Banana, oats, cinnamon, fat free milk. 
Thats my breakfast everyday.


----------



## Rasky (Dec 22, 2014)

Here's my recipe. 1 cup frozen berries, handful of baby spinach, 1/2 cup whole milk, 1/2 cup full fat plain Greek yogurt, and 1/2 banana.


----------



## djevox (Jul 18, 2008)

My morning shake: 8oz coconut milk (used to be whole milk), 4oz simply grapefruit juice (or orange), 4 raw eggs, oat groats and chia seeds blended with coffee grinder, spinach, 1 banana, large spoon of peanut butter, and ice. 

Everything except the juice in that list is organic. Sometimes I’ll replace the juice with organic frozen berry blends. 

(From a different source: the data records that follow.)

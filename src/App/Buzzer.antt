-- ===== src/App/Buzzer.antt =====
-- buzzer/app/app.c: a program that sets the buzzer to a frequency or stops it, together with buzzer/buzzer.c.
mod Tests
use kernel_code.Prelude.{
  ℕ, zero, suc, ◌/◌, ◌<◌, Bool-cases, not_zero, ◌≤◌, ◌≡◌, refl, true, Option, none, some, inl, inr,
  ℤ, pos, negsuc, arith, ltb, is_negative, if◌then◌else◌,
}
use kernel_code.Buzzer.{Buzzer, nspersec, set_buzzer_hz, stop, buzzer_ioctl, set_pwm_hz}
use kernel_code.Buzzer.Laws.{IsValid, set_pwm_hz-IsValid}

-- How the program ends: a message and `exit(1)`, or 0.
pub data End : Type 0 where
  refused succeeded : End

abbrev pub after_ioctl : ℤ → End
after_ioctl ret = if is_negative ret then refused else succeeded

-- `main` with `sethz` and what `atoi` makes of its argument; `none` where the driver divides by zero.
unfoldable pub main_sethz : (hz : ℤ) → Buzzer → Option (End × Buzzer)
main_sethz (negsuc n) b = some (refused, b)
main_sethz (pos hz) b =
    if ltb 4000 hz then some (refused, b) else (elim (buzzer_ioctl set_buzzer_hz hz b) [
      | none ↦ none
      | some (ret, b') ↦ some (after_ioctl ret, b')
    ])

-- `main` with `stop`
unfoldable pub main_stop : Buzzer → Option (End × Buzzer)
main_stop b = elim (buzzer_ioctl stop 0 b) [
  | none ↦ none
  | some (ret, b') ↦ some (after_ioctl ret, b')
]

-- How a run with `sethz` and the number `hz` may end, on the buzzer `b`.
pub data Ends (b : Buzzer) : (hz : ℤ) → Option (End × Buzzer) → Type 0 where
  divided_by_zero : Ends b (pos 0) none
  below : {n : ℕ} → Ends b (negsuc n) (some (refused, b))
  above : {n : ℕ} → 4000 < n → Ends b (pos n) (some (refused, b))
  sounding :
      {n : ℕ} {b' : Buzzer}
      → 1 ≤ n
      → n ≤ 4000
      → IsValid b'
      → b'.enabled ≡ true
      → b'.period_ns ≡ nspersec / n
      → Ends b (pos n) (some (succeeded, b'))

-- Whatever number the program is given and whatever the buzzer does: a number below 0 or above 4000 is
-- refused and leaves the buzzer as it is, 0 makes the driver divide by zero, and with any other number
-- the program succeeds and the buzzer sounds at it, and is valid.
pub main_sethz-Ends : (hz : ℤ) (b : Buzzer) → Ends b hz (main_sethz hz b)
unfolding main_sethz buzzer_ioctl set_pwm_hz
main_sethz-Ends (negsuc n) b = below
main_sethz-Ends (pos zero) b = divided_by_zero
main_sethz-Ends (pos (suc n)) b = elim (Bool-cases (ltb 4000 (suc n))) [
  | inl high ↦ rw high (above (ground (arith, high)))
  | inr low ↦
      let le : suc n ≤ 4000 = ground (arith, low) in
      rw (low, not_zero (suc n) (omega arith))
        (sounding (omega arith) le (set_pwm_hz-IsValid (suc n) (ground arith) le) refl refl)
]
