-- ===== src/App/Buzzer/Tests.antt =====
-- The buzzer is set to 440 Hz.
use kernel_code.Prelude.{false, pos}
use kernel_code.Buzzer.{Buzzer}
use kernel_code.App.Buzzer.{main_sethz, Ends, main_sethz-Ends}

abbrev silent : Buzzer
silent = record { duty_ns = 0; period_ns = 0; enabled = false; pwm_pin = false }

main_sethz-Ends_example : Ends silent (pos 440) (main_sethz (pos 440) silent)
main_sethz-Ends_example = main_sethz-Ends (pos 440) silent
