-- ===== src/Kernel/Memory.antt =====
-- Copies between the kernel and the memory of the calling process.
pub mod Simple
use kernel_code.Prelude.{ℕ, ◌≡◌, List, length, take}

-- `copy_in src n` is `copy_from_user` of `n` bytes, where `src` holds what the process can read from
-- the address on: the number of bytes not copied, and the bytes stored at the destination.
-- `copy_out room bytes` is `copy_to_user`, where the process can write `room` bytes: the number of
-- bytes not copied, and what the process finds in its buffer.
pub record UserAccess : Type 0 where
  pub copy_in : List ℕ → ℕ → ℕ × List ℕ
  pub copy_out : ℕ → List ℕ → ℕ × List ℕ
  -- Exactly `n` bytes of the destination are written, also where the copy fails.
  pub in_length : (src : List ℕ) (n : ℕ) → length (copy_in src n).1 ≡ n
  -- 0 is returned if all was copied.
  pub in_all : (src : List ℕ) (n : ℕ) → (copy_in src n).0 ≡ 0 → (copy_in src n).1 ≡ take n src
  pub out_all : (room : ℕ) (bs : List ℕ) → (copy_out room bs).0 ≡ 0 → (copy_out room bs).1 ≡ bs
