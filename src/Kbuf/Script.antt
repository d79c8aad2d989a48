-- ===== src/Kbuf/Script.antt =====
-- What processes ask of a kbuf, what they see of each call, and which bytes a script of calls moved.
use kernel_code.Prelude.{ℕ, List, [], ◌∷◌, ◌++◌, ℤ, pos, negsuc, take}

-- What a call returns, and for a read the bytes in the buffer of the process.
pub record Reply : Type 0 where
  pub ret : ℤ
  pub out : List ℕ

abbrev pub reply : ℤ → List ℕ → Reply
reply r bs = record { ret = r; out = bs }

-- A read of `cnt` bytes into a buffer that can hold `room`; a write of `cnt` bytes, where `src` is
-- what the process can read at its buffer.
pub data Op : Type 0 where
  get : (room cnt : ℕ) → Op
  put : (src : List ℕ) (cnt : ℕ) → Op

-- The bytes that a successful read handed out.
unfoldable pub delivered : Op → Reply → List ℕ
delivered (get room cnt) r = elim r.ret [ pos n ↦ r.out | negsuc n ↦ [] ]
delivered (put src cnt) r = []

-- The bytes that a successful write took in: as many as it returned.
unfoldable pub accepted : Op → Reply → List ℕ
accepted (get room cnt) r = []
accepted (put src cnt) r = elim r.ret [ pos n ↦ take n src | negsuc n ↦ [] ]

unfoldable pub all_delivered : List Op → List Reply → List ℕ
all_delivered [] rs = []
all_delivered (op ∷ ops) [] = []
all_delivered (op ∷ ops) (r ∷ rs) = delivered op r ++ all_delivered ops rs

unfoldable pub all_accepted : List Op → List Reply → List ℕ
all_accepted [] rs = []
all_accepted (op ∷ ops) [] = []
all_accepted (op ∷ ops) (r ∷ rs) = accepted op r ++ all_accepted ops rs
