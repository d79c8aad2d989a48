-- ===== src/Kbuf/Buffer.antt =====
-- `struct kbuf` of the kbuf drivers: 512 bytes of storage, of which the first `validlen` hold data,
-- and the accesses to it that the drivers share. `size_t` has 32 bits on the board.
pub mod Laws
use kernel_code.Prelude.{
  ℕ, ◌+◌, ◌-◌, ◌%◌, ◌^◌, ◌≤◌, ◌≡◌, Bool, not, List, ◌++◌, ◌==◌, length, take, drop, replicate,
}

-- Bytes are only moved, never computed with, so a byte is any number.
pub record Buffer : Type 0 where
  pub mem : List ℕ
  pub validlen : ℕ

abbrev pub sz_512 : ℕ
sz_512 = 512

abbrev pub add_size : ℕ → ℕ → ℕ
add_size a b = (a + b) % 2 ^ 32

-- `-` on ℕ stops at 0, so the modulus is added first.
abbrev pub sub_size : ℕ → ℕ → ℕ
sub_size a b = (a + 2 ^ 32 - b) % 2 ^ 32

-- The `n` bytes from `off` on.
abbrev pub slice : List ℕ → ℕ → ℕ → List ℕ
slice mem off n = take n (drop off mem)

-- A store of `bs` from `off` on. One that runs past the end makes the list longer.
abbrev pub overwrite : List ℕ → ℕ → List ℕ → List ℕ
overwrite mem off bs = take off mem ++ (bs ++ drop (off + length bs) mem)

-- `memmove(kbuf, kbuf+cnt, validlen - cnt)`
unfoldable pub shift_down : ℕ → Buffer → Buffer
shift_down cnt b = record b { mem = overwrite b.mem 0 (slice b.mem cnt (sub_size b.validlen cnt)) }

-- `validlen -= cnt`
unfoldable pub shrink : ℕ → Buffer → Buffer
shrink cnt b = record b { validlen = sub_size b.validlen cnt }

-- The store of `copy_from_user` to `kbuf + validlen`.
unfoldable pub store_tail : List ℕ → Buffer → Buffer
store_tail bs b = record b { mem = overwrite b.mem b.validlen bs }

-- `validlen += cnt`
unfoldable pub grow : ℕ → Buffer → Buffer
grow cnt b = record b { validlen = add_size b.validlen cnt }

-- `pdev->validlen != 0` and `pdev->validlen != SZ_512`
abbrev pub has_data : Buffer → Bool
has_data b = not (b.validlen == 0)

abbrev pub has_space : Buffer → Bool
has_space b = not (b.validlen == sz_512)

-- `kzalloc(SZ_512)`
abbrev pub empty_buffer : Buffer
empty_buffer = record { mem = replicate 512 0; validlen = 0 }

-- Storage of 512 bytes, and no more data than fits.
pub record IsValid (b : Buffer) : Type 0 where
  pub storage : length b.mem ≡ sz_512
  pub fits : b.validlen ≤ sz_512

-- The data, oldest byte first.
abbrev pub contents : Buffer → List ℕ
contents b = take b.validlen b.mem
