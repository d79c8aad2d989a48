-- ===== src/Kbuf/Nonblocking.antt =====
-- `kbuf_read` and `kbuf_write` of kbufchardrv/kbuf.c, on the kbuf of one open file.
pub mod Refine
pub mod Stream
use kernel_code.Prelude.{
  ℕ, ◌-◌, min, List, [], ◌∷◌, ◌++◌, ℤ, pos, negsuc, length, ◌==◌, if◌then◌else◌,
}
use kernel_code.Kernel.Errno.{eio, eagain, enospc}
use kernel_code.Kernel.Memory.{UserAccess}
use kernel_code.Kbuf.Script.{Reply, reply, Op, get, put}
use kernel_code.Kbuf.Buffer.{Buffer, sz_512, sub_size, slice, shift_down, shrink, store_tail, grow}

module _ (user : UserAccess) where
  -- The process asks for `cnt` bytes, and its buffer can hold `room`.
  unfoldable pub read : (room cnt : ℕ) → Buffer → Reply × Buffer
  read room cnt b =
      if cnt == 0
      then (reply (pos cnt) [], b)
      else if b.validlen == 0
      then (reply eagain [], b)
      else let n = min cnt b.validlen in
        let (left, out) = user.copy_out room (slice b.mem 0 n) in
        if left == 0 then (reply (pos n) out, shrink n (shift_down n b)) else (reply eio out, b)

  -- The process offers `cnt` bytes, and `src` is what it can read there.
  unfoldable pub write : (src : List ℕ) (cnt : ℕ) → Buffer → ℤ × Buffer
  write src cnt b =
      if cnt == 0
      then (pos cnt, b)
      else if b.validlen == sz_512
      then (enospc, b)
      else let n = min cnt (sub_size sz_512 b.validlen) in
        let (left, bs) = user.copy_in src n in
        if left == 0 then (pos n, grow n (store_tail bs b)) else (eio, store_tail bs b)

  -- One call, and the calls of a script one after another.
  unfoldable pub step : Op → Buffer → Reply × Buffer
  step (get room cnt) b = read room cnt b
  step (put src cnt) b = let (r, b') = write src cnt b in (reply r [], b')

  unfoldable pub run : List Op → Buffer → List Reply × Buffer
  run [] b = ([], b)
  run (op ∷ ops) b = let (r, b') = step op b in let (rs, b'') = run ops b' in (r ∷ rs, b'')
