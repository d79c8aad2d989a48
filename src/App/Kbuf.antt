-- ===== src/App/Kbuf.antt =====
-- kbufchardrv/app/write.c, kbufchardrv/app/read.c and app/cat.c: programs that fill a kbuf from a file, show
-- what is in a kbuf, and show a file to its end, the file being a kbuf of kbufchardrv/kbuf.c.
pub mod Laws
mod Tests
use kernel_code.Prelude.{
  ℕ, zero, suc, ◌-◌, Option, none, some, Bool, true, false, List, [], ◌∷◌, ◌++◌, ℤ, pos, negsuc,
  length, take, ◌==◌, if◌then◌else◌,
}
use kernel_code.Kernel.Memory.{UserAccess}
use kernel_code.Kbuf.Script.{Reply}
use kernel_code.Kbuf.Buffer.{Buffer}
use kernel_code.Kbuf.Nonblocking.{read, write}

-- The bytes before the first 0: what `%s` prints.
unfoldable pub text_of : List ℕ → List ℕ
text_of [] = []
text_of (b ∷ bs) = let rest = text_of bs in if b == 0 then [] else b ∷ rest

-- The number in the line that `write.c` prints, or `none` where it prints an error.
abbrev pub after_write : ℤ → Option ℕ
after_write (pos n) = some n
after_write (negsuc e) = none

-- The number and the text that `read.c` prints, or `none` where it prints an error.
abbrev pub after_read : Reply → Option (ℕ × List ℕ)
after_read r = elim r.ret [ pos n ↦ some (n, text_of (take n r.out)) | negsuc e ↦ none ]

-- What `cat.c` has printed, and whether its `assert(ret == 0)` holds.
pub record Shown : Type 0 where
  pub bytes : List ℕ
  pub ended : Bool

abbrev pub print_first : List ℕ → Option Shown → Option Shown
print_first bs none = none
print_first bs (some s) = some (record s { bytes = bs ++ s.bytes })

-- `rest` is the further rounds of the loop.
abbrev pub after_cat_read : (rest : Option Shown × Buffer) → Reply × Buffer → Option Shown × Buffer
after_cat_read rest (r, b) = elim r.ret [
  | pos zero ↦ (some (record { bytes = []; ended = true }), b)
  | pos (suc n) ↦ (print_first (take (suc n) r.out) rest.0, rest.1)
  | negsuc e ↦ (some (record { bytes = []; ended = false }), b)
]

module _ (user : UserAccess) where
  -- `main` of `write.c`; a file of which nothing can be read fails the `assert(retr > 0)`.
  unfoldable pub write_main : (file : List ℕ) → Buffer → Option ℕ × Buffer
  write_main file b =
      let buf = take 512 file in
      if length buf == 0
      then (none, b)
      else let (retw, b') = write user buf (length buf) b in (after_write retw, b')

  -- `main` of `read.c`, whose buffer has room for the 0 that it adds.
  unfoldable pub read_main : Buffer → Option (ℕ × List ℕ) × Buffer
  read_main b = let (r, b') = read user 512 511 b in (after_read r, b')

  -- The loop of `cat.c` and its `assert`, for at most `fuel` reads; `none` where more are needed.
  unfoldable pub cat_main : (fuel : ℕ) → Buffer → Option Shown × Buffer
  cat_main zero b = (none, b)
  cat_main (suc fuel) b =
      let (r, b') = read user 64 64 b in let rest = cat_main fuel b' in after_cat_read rest (r, b')
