-- ===== src/Kbuf/Pipe.antt =====
-- What a kbuf promises: a queue of at most 512 bytes. A request moves as many bytes as it can, and
-- fails without effect on the queue when it can move none or the copy fails.
use kernel_code.Prelude.{
  ℕ, ◌-◌, min, List, [], ◌∷◌, ◌++◌, ℤ, pos, length, take, drop, ◌==◌, if◌then◌else◌,
}
use kernel_code.Kernel.Errno.{eio, eagain, enospc}
use kernel_code.Kernel.Memory.{UserAccess}
use kernel_code.Kbuf.Script.{Reply, reply, Op, get, put}

abbrev pub capacity : ℕ
capacity = 512

module _ (user : UserAccess) where
  unfoldable pub read : (room cnt : ℕ) → List ℕ → Reply × List ℕ
  read room cnt q =
      let n = min cnt (length q) in
      if cnt == 0
      then (reply (pos 0) [], q)
      else if length q == 0
      then (reply eagain [], q)
      else if (user.copy_out room (take n q)).0 == 0
      then (reply (pos n) (take n q), drop n q)
      else (reply eio (user.copy_out room (take n q)).1, q)

  unfoldable pub write : (src : List ℕ) (cnt : ℕ) → List ℕ → ℤ × List ℕ
  write src cnt q =
      let n = min cnt (capacity - length q) in
      if cnt == 0
      then (pos 0, q)
      else if length q == capacity
      then (enospc, q)
      else if (user.copy_in src n).0 == 0
      then (pos n, q ++ take n src)
      else (eio, q)

  unfoldable pub step : Op → List ℕ → Reply × List ℕ
  step (get room cnt) q = read room cnt q
  step (put src cnt) q = let (r, q') = write src cnt q in (reply r [], q')

  unfoldable pub run : List Op → List ℕ → List Reply × List ℕ
  run [] q = ([], q)
  run (op ∷ ops) q = let (r, q') = step op q in let (rs, q'') = run ops q' in (r ∷ rs, q'')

Sent from my iPhone using Tapatalk


----------



## choppages (May 27, 2014)

Banana, strawberries and peanut - try it! Or if you are kinda health conscious, you opt for lemon, cucumber, honey and yogurt.


----------



## rlee (Aug 22, 2015)

Frozen Bananas, frozen berry's a little milk a little OJ. I like the consistency of soft ice cream. Eat it with a spoon. I have burnt up a few bullets.


----------



## Ed1774 (Jan 19, 2019)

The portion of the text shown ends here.